Pero lo más sangrante no fue que la patulea de “hipsters” de
décima generación allí reunida mostrase omnivoras tragaderas, o que careciese
de criterio, o que lo tuviese inhibido al servicio de su diaria imagen de
suplemento semanal. Lo de verdad dramático es que quien sabe sea confundido también
hasta el punto de percibir lo de la parejita como “vanguardia”, cuando apenas
puede ser clasificado como balbuceante ejercicio retro. Por atenerme al palo, vanguardia
eran –y sólo quizá- los Grateful Dead de hace casi cincuenta años, y hace ese
medio siglo estos dos hubieran sonado ya como meros copistas poco afortunados,
cachorros despistados en la colisión entre tradición, nuevas maneras y
filosofía libertaria que aquellos propugnaban.

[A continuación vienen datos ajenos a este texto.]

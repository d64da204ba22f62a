-- ===== src/Server/Handler/Publish.antt =====
-- What `handle_send_command` does for a valid text: every follower gets it, now or later.
use inf.Server.Connections
use inf.Server.NotificationManager
use inf.Base.{
  All, Bool-cases, List, Returns, Returns-bind, Str, [], append-nil, arith, contains, eq_str, eq_ℕ,
  if◌then◌else◌, inl, inr, length, nat_eq, not, null, refl, some, sym, true, ℕ, ◌&&◌, ◌++◌, ◌<◌,
  ◌^◌, ◌∙◌, ◌∷◌, ◌≡◌,
}
use inf.Server.Connections.{eq_address}
use inf.Server.Handler.{ClientMessageHandler, Handled, publish}
use inf.Server.Handler.Delivery.{username_clean}
use inf.Server.Handler.Invariant.{HasRoom, IsNext, IsSound}
use inf.Server.Message.{ServerAction, ServerMsgPayload, payload_size}
use inf.Server.Notification.{PendingNotification}
use inf.Server.NotificationManager.{FanOut, NotificationManager, fan_out, store_notification}
use inf.Server.NotificationManager.Counts.{stored_content}
use inf.Server.NotificationManager.Fan.{
  Deliveries, Fanned, SameSessions, SameSessions-refl, fan_out_lem, offline_followers,
  online_followers,
}
use inf.Server.NotificationManager.Keeps.{
  store_notification-IsCounted, store_notification-SameUsers,
}
use inf.Server.NotificationManager.Stored.{
  contains-offline, length-offline, offline-Distinct, offline-users, store_notification-id,
  store_notification_lem,
}
use inf.Server.Persistence.{get_followers, get_username_from_user_id}
use inf.Server.Persistence.Followers.{followers-Distinct, followers-users, length-followers}
use inf.Server.Persistence.Invariant.{Distinct, IsUser}
use inf.Server.Persistence.Pending.{
  SameUsers, SameUsers-IsWellFormed, SameUsers-exists, SameUsers-refl, waiting,
}
use inf.Shared.Ids.{increment, word_values}
use inf.Shared.Validation.{is_valid_message}

module _ (uninitialised : ServerMsgPayload) (sized : length uninitialised ≡ payload_size)
    (h : ClientMessageHandler) (s : IsSound h) (room : HasRoom h) (now u : ℕ) (small : now < 2 ^ 64)
    (sent : Str) (valid : is_valid_message sent ≡ true) where
  abbrev followers : List ℕ
  followers = get_followers h.user_persistence u

  abbrev offline : List ℕ
  offline = offline_followers h.connection_manager followers

  abbrev author : Str
  author = get_username_from_user_id h.user_persistence u

  -- The pending notification of this message.
  abbrev pending : PendingNotification
  pending = record {
    user_id = u;
    notification_id = increment h.notification_manager.notification_id;
  }

  -- What publishing does: the new state `t` and the actions, after those in `acts`.
  pub record Published (acts : List ServerAction) (t : Handled) : Type 0 where
    pub next : IsNext h t.0
    pub same_users : SameUsers h.user_persistence t.0.user_persistence
    pub same_sessions : SameSessions h.connection_manager t.0.connection_manager
    -- One message for each follower that is online, in the order of the list, and nothing else.
    pub delivered :
        (new : List ServerAction) × (t.1 ≡ acts ++ new)
        × Deliveries author sent now (online_followers h.connection_manager followers) new
    -- One pending notification for each other follower, and for nobody else.
    pub left_waiting :
        (w : ℕ)
        → waiting t.0.user_persistence w ≡ (
            if contains w followers && not (Connections.user_id_exists h.connection_manager w)
            then waiting h.user_persistence w ++ pending ∷ []
            else waiting h.user_persistence w)
    -- The message is stored if somebody waits for it; no stored message is lost.
    pub stored :
        (id : ℕ)
        → stored_content t.0.notification_manager id ≡ (
            if not (null offline) && nat_eq pending.notification_id id
            then some (sent, now)
            else stored_content h.notification_manager id)

  abbrev fan_start : List ServerAction → FanOut
  fan_start acts = record {
    connections = h.connection_manager;
    pending_actions = acts;
    offline_users = [];
  }

  abbrev Fan : List ServerAction → FanOut → Type 0
  Fan acts =
      Fanned uninitialised sized h.user_persistence author sent now
        (username_clean h.user_persistence u s.users).0
        (username_clean h.user_persistence u s.users).1 valid small (fan_start acts) followers

  -- The state after the loop `r`, with the message stored.
  abbrev stored_state : FanOut → ClientMessageHandler
  stored_state r =
      let stored =
        store_notification h.user_persistence h.notification_manager u now sent r.offline_users in
      record {
        user_persistence = stored.0;
        connection_manager = r.connections;
        notification_manager = stored.1;
      }

  offline_facts :
      All (IsUser h.user_persistence) offline × Distinct offline × (length offline < word_values)
  offline_facts = (
    offline-users h.user_persistence h.connection_manager followers
        (followers-users h.user_persistence s.users u),
    offline-Distinct h.connection_manager followers
        (followers-Distinct h.user_persistence s.users u),
    omega (
      arith,
      length-offline h.connection_manager followers,
      length-followers h.user_persistence s.users u,
      s.users.small,
    ),
  )

  store_sound : (acts : List ServerAction) (r : FanOut) → Fan acts r → IsNext h (stored_state r)
  store_sound acts r f = rw (f.left_over) (record {
    sound = record {
      users = SameUsers-IsWellFormed h.user_persistence _ same s.users;
      sessions = f.consistent;
      counts =
          store_notification-IsCounted h.user_persistence h.notification_manager u now sent offline
            s.users offline_facts.0 offline_facts.2 room.notification_room valid small s.counts;
      linked = λ w on.
          SameUsers-exists h.user_persistence _ same w
          ∙ s.linked w (sym (f.same.same_exists w) ∙ on);
    };
    few_users = omega (arith, same.same_last);
    few_notifications =
        store_notification-id h.user_persistence h.notification_manager u now sent offline
          room.notification_room;
  })
    where
      same :
          SameUsers h.user_persistence
            (store_notification h.user_persistence h.notification_manager u now sent offline).0
      same =
          store_notification-SameUsers h.user_persistence h.notification_manager u now sent offline

  Fan-Published :
      (acts : List ServerAction) (r : FanOut)
      → Fan acts r
      → Published acts (stored_state r, r.pending_actions)
  Fan-Published acts r f = record {
    next = store_sound acts r f;
    same_users =
        store_notification-SameUsers h.user_persistence h.notification_manager u now sent
          r.offline_users;
    same_sessions = f.same;
    delivered = f.sent;
    left_waiting = λ w. rw f.left_over (
        (store_notification_lem h.user_persistence h.notification_manager u now sent offline w 0
          offline_facts.0 offline_facts.1).0
        ∙ rw (contains-offline h.connection_manager w followers) refl);
    stored = λ id. rw f.left_over (
        (store_notification_lem h.user_persistence h.notification_manager u now sent offline u id
          offline_facts.0 offline_facts.1).1);
  }

  -- A user without followers publishes to nobody.
  alone_Published : (acts : List ServerAction) → followers ≡ [] → Published acts (h, acts)
  alone_Published acts e = record {
    next = record { sound = s; few_users = omega arith; few_notifications = omega arith };
    same_users = SameUsers-refl h.user_persistence;
    same_sessions = SameSessions-refl h.connection_manager;
    delivered = ([], sym (append-nil acts), unfold online_followers in rw e tt);
    left_waiting = λ w. unfold contains in rw e refl;
    stored = λ id. unfold offline_followers in rw e refl;
  }

  pub publish_lem :
      (acts : List ServerAction)
      → Returns (publish uninitialised h acts now u sent) (Published acts)
  unfolding publish NotificationManager.add_notification
  publish_lem acts = elim (Bool-cases (null followers)) [
    | inl alone ↦ rw alone (alone_Published acts (ground arith))
    | inr some_followers ↦ rw some_followers (
        Returns-bind
          (λ q. Published acts (
            record { user_persistence = q.0; connection_manager = q.1; notification_manager = q.2 },
            q.3,
          ))
          (Published acts)
          (NotificationManager.add_notification uninitialised h.user_persistence
            h.connection_manager h.notification_manager acts u now followers sent)
          _
          (Returns-bind (Fan acts) _
            (fan_out uninitialised h.user_persistence author now sent (fan_start acts) followers) _
            (fan_out_lem uninitialised sized h.user_persistence author sent now
              (username_clean h.user_persistence u s.users).0
              (username_clean h.user_persistence u s.users).1 valid small (fan_start acts) followers
              s.sessions (followers-users h.user_persistence s.users u))
            (λ r f. Fan-Published acts r f))
          (λ q k. k))
  ]
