-- ===== src/Server/Handler/Send.antt =====
-- `handle_send_command`: every follower gets the message, now or at its next login.
use inf.Server.Connections
use inf.Base.{
  List, Returns, Returns-bind, Str, [], ap, append_assoc, contains, eq_str, eq_ℕ, false,
  if◌then◌else◌, length, nat_eq, not, null, ok, refl, some, subst, true, ℕ, ◌&&◌, ◌++◌, ◌<◌, ◌^◌,
  ◌∙◌, ◌∷◌, ◌≡◌,
}
use inf.Server.Connections.{eq_address, get_next_msg_id}
use inf.Server.Handler.{ClientMessageHandler, Handled, message_user, publish, send_message}
use inf.Server.Handler.Invariant.{HasRoom, IsNext, IsSound, take_msg_id-IsSound}
use inf.Server.Handler.Publish.{Published, publish_lem}
use inf.Server.Message.{
  ServerAction, ServerMsgPayload, payload_size, send_command_fail, send_command_success,
  zero_payload,
}
use inf.Server.NotificationManager.Counts.{stored_content}
use inf.Server.NotificationManager.Fan.{
  Deliveries, SameSessions, SameSessions-trans, get_next_msg_id-SameSessions, offline_followers,
  online-same, online_followers,
}
use inf.Server.Persistence.{get_followers, get_username_from_user_id}
use inf.Server.Persistence.Pending.{SameUsers, waiting}
use inf.Shared.Ids.{increment}
use inf.Shared.Validation.{is_valid_message}

module _ (uninitialised : ServerMsgPayload) (sized : length uninitialised ≡ payload_size)
    (h : ClientMessageHandler) (s : IsSound h) (acts : List ServerAction) (now u : ℕ)
    (sent : Str) where
  abbrev reply_id : ℕ
  reply_id = (get_next_msg_id h.connection_manager u).0

  -- The managers after the reply's message id is taken.
  abbrev numbered : ClientMessageHandler
  numbered = record h { connection_manager = (get_next_msg_id h.connection_manager u).1 }

  numbered_sessions : SameSessions h.connection_manager numbered.connection_manager
  numbered_sessions = get_next_msg_id-SameSessions h.connection_manager u

  -- From a sound state, an invalid text changes nothing but the sender's last message id, and is
  -- answered as failed. Uninitialised objects have their sizes.
  pub send_message_rejected :
      is_valid_message sent ≡ false
      → send_message uninitialised h acts now u sent
        ≡ ok (numbered, acts ++ message_user u reply_id send_command_fail zero_payload ∷ [])
  unfolding send_message
  send_message_rejected invalid = rw invalid refl

  -- What a valid message of user `u` leads to.
  pub record IsSent (t : Handled) : Type 0 where
    pub next : IsNext h t.0
    -- Names, ids, followers and sessions are as they were.
    pub same_users : SameUsers h.user_persistence t.0.user_persistence
    pub same_sessions : SameSessions h.connection_manager t.0.connection_manager
    -- One message for each follower that is online, in the order of the list; then the reply.
    pub delivered :
        (new : List ServerAction) × (t.1
          ≡ acts ++ (new ++ message_user u reply_id send_command_success zero_payload ∷ []))
        × Deliveries
            (get_username_from_user_id h.user_persistence u)
            sent
            now
            (online_followers h.connection_manager (get_followers h.user_persistence u))
            new
    -- One reference more for each other follower, and for nobody else.
    pub left_waiting :
        (w : ℕ)
        → waiting t.0.user_persistence w ≡ (
            if contains w (get_followers h.user_persistence u)
              && not (Connections.user_id_exists h.connection_manager w)
            then waiting h.user_persistence w
              ++ record {
                user_id = u;
                notification_id = increment h.notification_manager.notification_id;
              }
                ∷ []
            else waiting h.user_persistence w)
    -- The message is stored under the next id if somebody waits for it; no stored message is lost.
    pub stored :
        (id : ℕ)
        → stored_content t.0.notification_manager id ≡ (
            if not
                (null (offline_followers h.connection_manager (get_followers h.user_persistence u)))
              && nat_eq (increment h.notification_manager.notification_id) id
            then some (sent, now)
            else stored_content h.notification_manager id)

  Published-IsSent :
      (room : HasRoom h) (small : now < 2 ^ 64) (valid : is_valid_message sent ≡ true) (r : Handled)
      → Published uninitialised sized numbered
          (take_msg_id-IsSound h s u)
          (record { user_room = room.user_room; notification_room = room.notification_room })
          now
          u
          small
          sent
          valid
          acts
          r
      → IsSent (r.0, r.1 ++ message_user u reply_id send_command_success zero_payload ∷ [])
  Published-IsSent room small valid r b =
      let followers = get_followers h.user_persistence u in
      let (new, e, d) = b.delivered in
      let (online, offline) =
        online-same h.connection_manager numbered.connection_manager followers numbered_sessions in
      record {
        next = record {
          sound = b.next.sound;
          few_users = b.next.few_users;
          few_notifications = b.next.few_notifications;
        };
        same_users = b.same_users;
        same_sessions =
            SameSessions-trans h.connection_manager numbered.connection_manager
              r.0.connection_manager numbered_sessions b.same_sessions;
        delivered = (
          new,
          ap
                (λ (l : List ServerAction).
                  l ++ message_user u reply_id send_command_success zero_payload ∷ [])
                e
              ∙ append_assoc acts new _,
          subst
              (λ (l : List ℕ).
                Deliveries (get_username_from_user_id h.user_persistence u) sent now l new)
              online d,
        );
        left_waiting =
            λ w. b.left_waiting w ∙ rw (SameSessions.same_exists numbered_sessions w) refl;
        stored = λ id. b.stored id ∙ rw offline refl;
      }

  -- From a sound state with room for one more message, a valid text of user `u` is answered as
  -- sent, after one message with it under the name of `u` (a name of 20 bytes is shown with the
  -- text behind it) to each follower that is online, in the order of the list. Each other follower,
  -- and nobody else, has one reference more to the message, which is stored under the next id if
  -- there is such a follower; other stored messages, users and sessions stay, and the new state is
  -- sound. Uninitialised objects have their sizes.
  pub send_message_lem :
      HasRoom h
      → now < 2 ^ 64
      → is_valid_message sent ≡ true
      → Returns (send_message uninitialised h acts now u sent) IsSent
  unfolding send_message
  send_message_lem room small valid = rw valid (
      Returns-bind _ IsSent (publish uninitialised numbered acts now u sent) _
        (publish_lem uninitialised sized numbered (take_msg_id-IsSound h s u)
          (record { user_room = room.user_room; notification_room = room.notification_room }) now u
          small sent valid acts)
        (λ r b. Published-IsSent room small valid r b))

La ventaja para los snobs de
entonces con respecto a nosotros es que con cierta seguridad el público hubiese
estado “en ácido” (que dice mi camarada El Implacable) en lugar de colocado con
su propio ego de saldo. Y ya de no follar, al menos hubiésemos podido
drogarnos.
Claro que es posible que estas reflexiones provengan
exclusivamente de mi envidia y mi frustración, porque claro, yo también quiero
hacer un tour europeo, yo también quiero tocar en la cripta de la iglesia de
Notre Dame de París (donde comparecerán este jueves 13) y yo también quiero
descojonarme en la cara del personal y que me aplaudan. Lamentablemente, suelo
ir en tiempo cuando toco (no siempre, ojo), afino al cantar (a veces) y me he
rasurado la barba recientemente. No cuadraría ni a taladro en el panteón del delux-proletariat de este lado del charco, siempre
dispuesto a confundir dos toneladas de alfalfa con la piedra filosofal, siempre
renuente a usar ese definitivo y saludable método crítico que es el botellazo
en la cabeza. Pena.
Mi amigo Fake lo llama “el síndrome de Daniel Johnston”,
pero esto lo explicaremos en otra ocasión. Yo digo, con él, que hay quien
desafina de manera gloriosa y quien trastabilla a varios palmos por encima del
suelo, pero que son contados, se los distingue a la perfección y a menudo lo
hacen (y lo sufren) porque no lo pueden evitar. En todo caso, quizá habría que
recomendar a los entendidos, y al público también, que aprendiesen algunos
rudimentos musicales, y acaso algo de inglés, para poder distinguir el
timo de la estampita de la banda del millón de dólares. O convencerles de que
llevar la contraria ha vuelto a ser “cool”. O, en el tercero de los casos
posibles, animarles a que desesperen de su ansiosa y extenuante búsqueda de vanguardias, ya
sean estas modestas. El mundo no cambia a empujones de guitarra deshilachada y
medias sonrisas. Cambia a base de muertos de hambre y guillotinas. Y a peor.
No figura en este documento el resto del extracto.